Last month, in Part 1 of this series, we reviewed the five reasons why achieving foreign compliance is often a strange
or difficult undertaking for a Western multinational company. In Part 2 of this series on global compliance, we discuss the unique compliance risk represented by foreign corruption. One of the greatest challenges for Western corporate compliance professionals is preventing employees in foreign countries (where corruption is generally a larger risk than here at home) from engaging in corrupt business practices. Many Western countries, including the US and UK, have enacted tough laws that make it a crime to bribe foreign government officials. Still, in many countries, corruption is a common, accepted (and, indeed, indispensable) practice among local companies, people, and government officials.
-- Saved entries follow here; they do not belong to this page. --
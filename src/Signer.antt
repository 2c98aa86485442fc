-- ===== src/Signer.antt =====
-- pkg/signer/signer.go: the signers of a shard, from its configuration.
pub mod Order
pub mod Panics
pub mod Total
mod Examples
use rekor.Base.{
  ℕ, suc, ◌*◌, ◌+◌, Bool, true, false, ◌&&◌, not, List, [], ◌∷◌, ◌++◌, Option, none, some, ◌==◌,
  leb, ltb, if◌then◌else◌, length, take, drop, Result, ok, err, ◌>>=◌, wrap,
}
use rekor.Base.Bytes.{Bytes, bytes_eq, codes, is_prefix}
use rekor.Base.Int64.{ℤ, pos, int_lt, to_int64}

pub record SignerConfig : Type 0 where
  pub signing_scheme_or_key_path : Bytes
  pub file_signer_password : Bytes
  pub tink_kek_uri : Bytes
  pub tink_keyset_path : Bytes
  pub gcpkms_retries : ℕ
  pub gcpkms_timeout : ℕ
  pub mtc_cosigner : Bool

-- Durations are int64 nanoseconds.
pub record MtcConfig : Type 0 where
  pub log_id : Bytes
  pub log_origin : Bytes
  pub log_number : ℕ
  pub batch_size : ℤ
  pub flush_interval : ℤ

pub record SigningConfig : Type 0 where
  pub signer_config : SignerConfig
  pub mtc : Option MtcConfig
  pub signers : List SignerConfig

-- 500 milliseconds
abbrev pub default_mtc_flush_interval : ℤ
default_mtc_flush_interval = pos 500_000_000

-- `sc.SignerConfig == (SignerConfig{})`
abbrev pub is_empty_config : SignerConfig → Bool
is_empty_config c =
    bytes_eq c.signing_scheme_or_key_path []
    && bytes_eq c.file_signer_password []
    && bytes_eq c.tink_kek_uri []
    && bytes_eq c.tink_keyset_path []
    && c.gcpkms_retries == 0
    && c.gcpkms_timeout == 0
    && not c.mtc_cosigner

unfoldable pub is_unset : SigningConfig → Bool
is_unset sc = elim sc.signers as (λ _. Bool) [
  | _ ∷ _ ↦ false
  | [] ↦ elim sc.mtc as (λ _. Bool) [ some _ ↦ false | none ↦ is_empty_config sc.signer_config ]
]

abbrev pub configs_or : SignerConfig → List SignerConfig → List SignerConfig
configs_or c [] = c ∷ []
configs_or c (d ∷ ds) = d ∷ ds

unfoldable pub get_signer_configs : SigningConfig → List SignerConfig
get_signer_configs sc = configs_or sc.signer_config sc.signers

-- `panic` is an index of slices.Insert that is out of range; a number is the place of an entry.
pub data Error (E : Type 0) : Type 0 where
  cosigner_needs_mtc : Error E
  no_signer_configurations : Error E
  no_mtc_block : ℕ → Error E
  loading_cosigner : ℕ → E → Error E
  creating_signer : ℕ → Error E → Error E
  creating_batch_signer : E → Error E
  new_failed : E → Error E
  panic : Error E

-- signature.MTCSignerConfig
pub record MtcSignerConfig (K : Type 0) : Type 0 where
  pub log_id : Bytes
  pub log_origin : Bytes
  pub log_number : ℕ
  pub cosigners : List K
  pub batch_size : ℤ
  pub flush_interval : ℤ

-- What other packages make: signers `S`, cosigner keys `K`, errors `E`. A key of a service takes the
-- retries and the timeout only if it is one of Google's.
pub record Providers (E S K : Type 0) : Type 0 where
  pub kms_supported : List Bytes
  pub gcp_scheme : Bytes
  pub kms_get : Bytes → Option (ℕ × ℤ) → Result E S
  pub new_memory : Result E S
  pub new_tink : Bytes → Bytes → Result E S
  pub new_file : Bytes → Bytes → Result E S
  pub load_key : Bytes → Option Bytes → Result E K
  pub new_mtc : MtcSignerConfig K → Result E S

abbrev pub any_prefix : List Bytes → Bytes → Bool
any_prefix [] s = false
any_prefix (p ∷ ps) s = if is_prefix p s then true else any_prefix ps s

-- The signers so far, the cosigners so far, and where the batch signer goes; `none` is -1.
pub record Loop (S K : Type 0) : Type 0 where
  pub made : List S
  pub cosigners : List K
  pub insert_pos : Option ℕ

-- slices.Insert, in range
abbrev pub insert_at : {A : Type 0} → ℕ → A → List A → List A
insert_at n a xs = take n xs ++ a ∷ drop n xs

module _ {E S K : Type 0} (p : Providers E S K) where
  -- A timeout of seconds is multiplied to nanoseconds, and may wrap.
  unfoldable pub new : SignerConfig → Result E S
  new c =
      if any_prefix p.kms_supported c.signing_scheme_or_key_path
      then p.kms_get c.signing_scheme_or_key_path (
          if is_prefix p.gcp_scheme c.signing_scheme_or_key_path
          then some (c.gcpkms_retries, to_int64 (c.gcpkms_timeout * 1_000_000_000))
          else none)
      else if bytes_eq c.signing_scheme_or_key_path (codes "memory")
      then p.new_memory
      else if bytes_eq c.signing_scheme_or_key_path (codes "tink")
      then p.new_tink c.tink_kek_uri c.tink_keyset_path
      else p.new_file c.signing_scheme_or_key_path c.file_signer_password

  unfoldable pub new_from_config : SignerConfig → Result (Error E) S
  new_from_config c = if c.mtc_cosigner then err cosigner_needs_mtc else wrap new_failed (new c)

  -- No password is cryptoutils.SkipPassword.
  unfoldable pub load_cosigner : SignerConfig → Result E K
  load_cosigner c =
      p.load_key c.signing_scheme_or_key_path
        (if bytes_eq c.file_signer_password [] then none else some c.file_signer_password)

  abbrev pub add_cosigner : Loop S K → K → Loop S K
  add_cosigner l k = record {
    made = l.made;
    cosigners = l.cosigners ++ k ∷ [];
    insert_pos = if length (l.cosigners ++ k ∷ []) == 1 then some (length l.made) else l.insert_pos;
  }

  abbrev pub add_signer : Loop S K → S → Loop S K
  add_signer l s = record l { made = l.made ++ s ∷ [] }

  abbrev pub cosign : Option MtcConfig → ℕ → SignerConfig → Loop S K → Result (Error E) (Loop S K)
  cosign none i c l = err (no_mtc_block i)
  cosign (some _) i c l = wrap (loading_cosigner i) (load_cosigner c) >>= λ k. ok (add_cosigner l k)

  -- One round of the loop, for the entry at `i`.
  unfoldable pub round :
      Option MtcConfig → ℕ → SignerConfig → Loop S K → Result (Error E) (Loop S K)
  round mtc i c l =
      if c.mtc_cosigner
      then cosign mtc i c l
      else (wrap (creating_signer i) (new_from_config c) >>= λ s. ok (add_signer l s))

  unfoldable pub rounds :
      Option MtcConfig → ℕ → List SignerConfig → Loop S K → Result (Error E) (Loop S K)
  rounds mtc i [] l = ok l
  rounds mtc i (c ∷ cs) l = round mtc i c l >>= λ m. rounds mtc (suc i) cs m

  abbrev pub mtc_signer_config : MtcConfig → List K → MtcSignerConfig K
  mtc_signer_config m ks = record {
    log_id = m.log_id;
    log_origin = m.log_origin;
    log_number = m.log_number;
    cosigners = ks;
    batch_size = m.batch_size;
    flush_interval =
        if int_lt (pos 0) m.flush_interval then m.flush_interval else default_mtc_flush_interval;
  }

  abbrev pub insert_batch : Option ℕ → S → List S → Result (Error E) (List S)
  insert_batch none b made = err panic
  insert_batch (some n) b made = if leb n (length made) then ok (insert_at n b made) else err panic

  -- A configuration with a cosigner and no block is refused by the loop; here it would be a nil
  -- pointer. The start of the batch signer's own task is left out.
  abbrev pub batch : Option MtcConfig → List K → Option ℕ → List S → Result (Error E) (List S)
  batch mtc [] place made = ok made
  batch none (k ∷ ks) place made = err panic
  batch (some m) (k ∷ ks) place made =
      wrap creating_batch_signer (p.new_mtc (mtc_signer_config m (k ∷ ks))) >>= λ b.
      insert_batch place b made

  abbrev pub with_batch : Option MtcConfig → Loop S K → Result (Error E) (List S)
  with_batch mtc l = batch mtc l.cosigners l.insert_pos l.made

  abbrev pub start : Loop S K
  start = record { made = []; cosigners = []; insert_pos = none }

  -- The configurations of `get_signer_configs` are never empty.
  abbrev pub multiple : Option MtcConfig → List SignerConfig → Result (Error E) (List S)
  multiple mtc [] = err no_signer_configurations
  multiple mtc (c ∷ cs) = rounds mtc 0 (c ∷ cs) start >>= with_batch mtc

  unfoldable pub new_multiple_from_config : SigningConfig → Result (Error E) (List S)
  new_multiple_from_config sc = multiple sc.mtc (get_signer_configs sc)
This is especially true in the developing world.

The US Foreign Corrupt Practices Act (FCPA) and the UK Bribery Act are just two examples of laws that make it a crime for a person or a corporation to make payments of money or something else of value to a
foreign government official for the purpose of obtaining some desired action or outcome. In the last decade, US authorities have dramatically increased FCPA investigations, prosecutions, and penalties. According to the FCPA Blog, 27 companies paid about $2.48 billion to resolve FCPA cases in 2016, making it the biggest enforcement year in FCPA history.

The FCPA and related laws are big challenges for compliance professionals working in Western multinational companies. With economies sluggish across much of the developed world, Western multinational companies are entering the promising and often corruption-wracked markets of the developing world in search of growth, resources, and new opportunities.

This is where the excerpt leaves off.